Saved entries
----------------------------------------

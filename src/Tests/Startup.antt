-- ===== src/Tests/Startup.antt =====
-- The migrations and settings, at a directory of two files.
use router_x.Base.{String, true, false, none, List, [], ◌∷◌, ◌++◌, ◌≡◌, refl, ok}
use router_x.Startup.{Disk, Migrated, parse_redis_addr, migrate_entry, migrate_dir}
use router_x.Startup.Again.{LeavesRan, migrate_dir_again}

-- The texts that were run.
abbrev disk : Disk (List String)
disk = record {
  read_dir = λ dir. ok (
      record { name = "001_init.sql"; is_dir = false }
      ∷ record { name = "old"; is_dir = true }
      ∷ record { name = "002_tenant_users.sql"; is_dir = false }
      ∷ []);
  read_file = λ path. ok path;
  run = λ text e. (ok tt, e ++ text ∷ []);
  fails = λ e. (none, e);
}

abbrev empty : Migrated (List String)
empty = record { recorded = []; env = [] }

disk-LeavesRan : LeavesRan disk (λ e. e)
disk-LeavesRan = record { quiet = λ e. refl }

-- The first run.
migrated : migrate_dir disk "migrations" empty ≡ (
  ok tt,
  record {
    recorded = "001_init.sql" ∷ "002_tenant_users.sql" ∷ [];
    env = "migrations/001_init.sql" ∷ "migrations/002_tenant_users.sql" ∷ [];
  },
)
unfolding migrate_dir migrate_entry
migrated = refl

-- The second run.
migrate_dir_again_example :
    let first = (migrate_dir disk "migrations" empty).1 in
    let second =
      (migrate_dir disk "migrations" (record { recorded = first.recorded; env = [] })).1 in
    (second.recorded ≡ first.recorded) × (second.env ≡ [])
unfolding migrate_dir migrate_entry
migrate_dir_again_example =
    migrate_dir_again disk (λ e. e) disk-LeavesRan "migrations" empty [] refl

parsed : parse_redis_addr "redis://localhost:6379/0" ≡ "localhost:6379"
unfolding parse_redis_addr
parsed = refl
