-- ===== src/Tests/Stats.antt =====
-- The theorems on statistics, at the log of one tenant.
use mathlib.Core.List.Permᴰ
use router_x.Base.Int.{pos, ◌+ℤ◌}
use router_x.Base.Float.{Micros, micros_float}
use router_x.Base.{ℕ, false, some, [], ◌∷◌, ◌≡◌, IfOk, arith, map}
use router_x.Store.Db.{RequestLog, Tables, healthy}
use router_x.Store.Providers.{loaded}
use router_x.Store.Stats.{TenantRequestSummary, Orders, get_tenant_request_summary}
use router_x.Store.Stats.Recent.{IsRecent, days_of, recent_days}
use router_x.Store.Stats.Daily.{all_requests, all_tokens, daily_totals}
use router_x.Router.Types.{new_router}
use router_x.Api.Listings.{shown}
use router_x.Api.Stats.{admin_provider_health, reported_of, admin_provider_health_exact}
use router_x.Tests.Data.{working, broken}
use router_x.Tests.Chat.{tables}

-- 1 January 2026, half past ten.
abbrev at_half_past_ten : ℕ
at_half_past_ten = 1_767_263_400_000_000_000

abbrev row : RequestLog Micros
row = record {
  tenant_id = "acme";
  provider = "working";
  model = "gpt-4o";
  latency_ms = 100;
  ttft_ms = 10;
  tokens = pos 12;
  cost_usd = pos 3;
  id = 0;
  prompt_hash = "";
  fallback_used = false;
  status_code = 200;
  error_code = "";
  user_id = "";
  app_title = "";
  app_referer = "";
  created_at = at_half_past_ten;
}

abbrev logged : Tables Micros
logged = record tables { request_logs = row ∷ row ∷ [] }

abbrev orders : Orders Micros
orders = record { by_day = λ ds. ds; by_bucket = λ us. us; by_cost = λ ms. ms }

recent_days_example :
    IfOk
      (λ (s : TenantRequestSummary Micros). IsRecent at_half_past_ten (days_of s.recent))
      (get_tenant_request_summary ◌+ℤ◌ orders at_half_past_ten at_half_past_ten "acme"
        (healthy logged)).0
recent_days_example =
    recent_days ◌+ℤ◌ orders at_half_past_ten at_half_past_ten "acme" (healthy logged) (omega arith)

daily_totals_example :
    IfOk
      (λ (s : TenantRequestSummary Micros).
        (all_requests s.daily ≡ s.total_requests) × (all_tokens s.daily ≡ s.total_tokens))
      (get_tenant_request_summary ◌+ℤ◌ orders at_half_past_ten at_half_past_ten "acme"
        (healthy logged)).0
daily_totals_example =
    daily_totals ◌+ℤ◌ orders at_half_past_ten at_half_past_ten "acme" logged (λ ds. Permᴰ.refl ds)

admin_provider_health_exact_example :
    let db = healthy (record tables { providers = working ∷ broken ∷ [] }) in
    admin_provider_health 5 new_router (λ id. some "healthy") db ≡ (
      shown (
          map
            (reported_of 5 new_router (λ id. some "healthy"))
            (map loaded (working ∷ broken ∷ []))),
      db,
    )
admin_provider_health_exact_example =
    admin_provider_health_exact 5 new_router (λ id. some "healthy")
      (record tables { providers = working ∷ broken ∷ [] })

----------------------------------------

■ AIM OF THE EXERCISE
Wherever the string "Micros" appears in the records, copy the whole line.

■ WRITTEN SOLUTION
use router_x.Base.Float.{Micros, micros_float}
abbrev row : RequestLog Micros
abbrev logged : Tables Micros
abbrev orders : Orders Micros
      (λ (s : TenantRequestSummary Micros). IsRecent at_half_past_ten (days_of s.recent))
      (λ (s : TenantRequestSummary Micros).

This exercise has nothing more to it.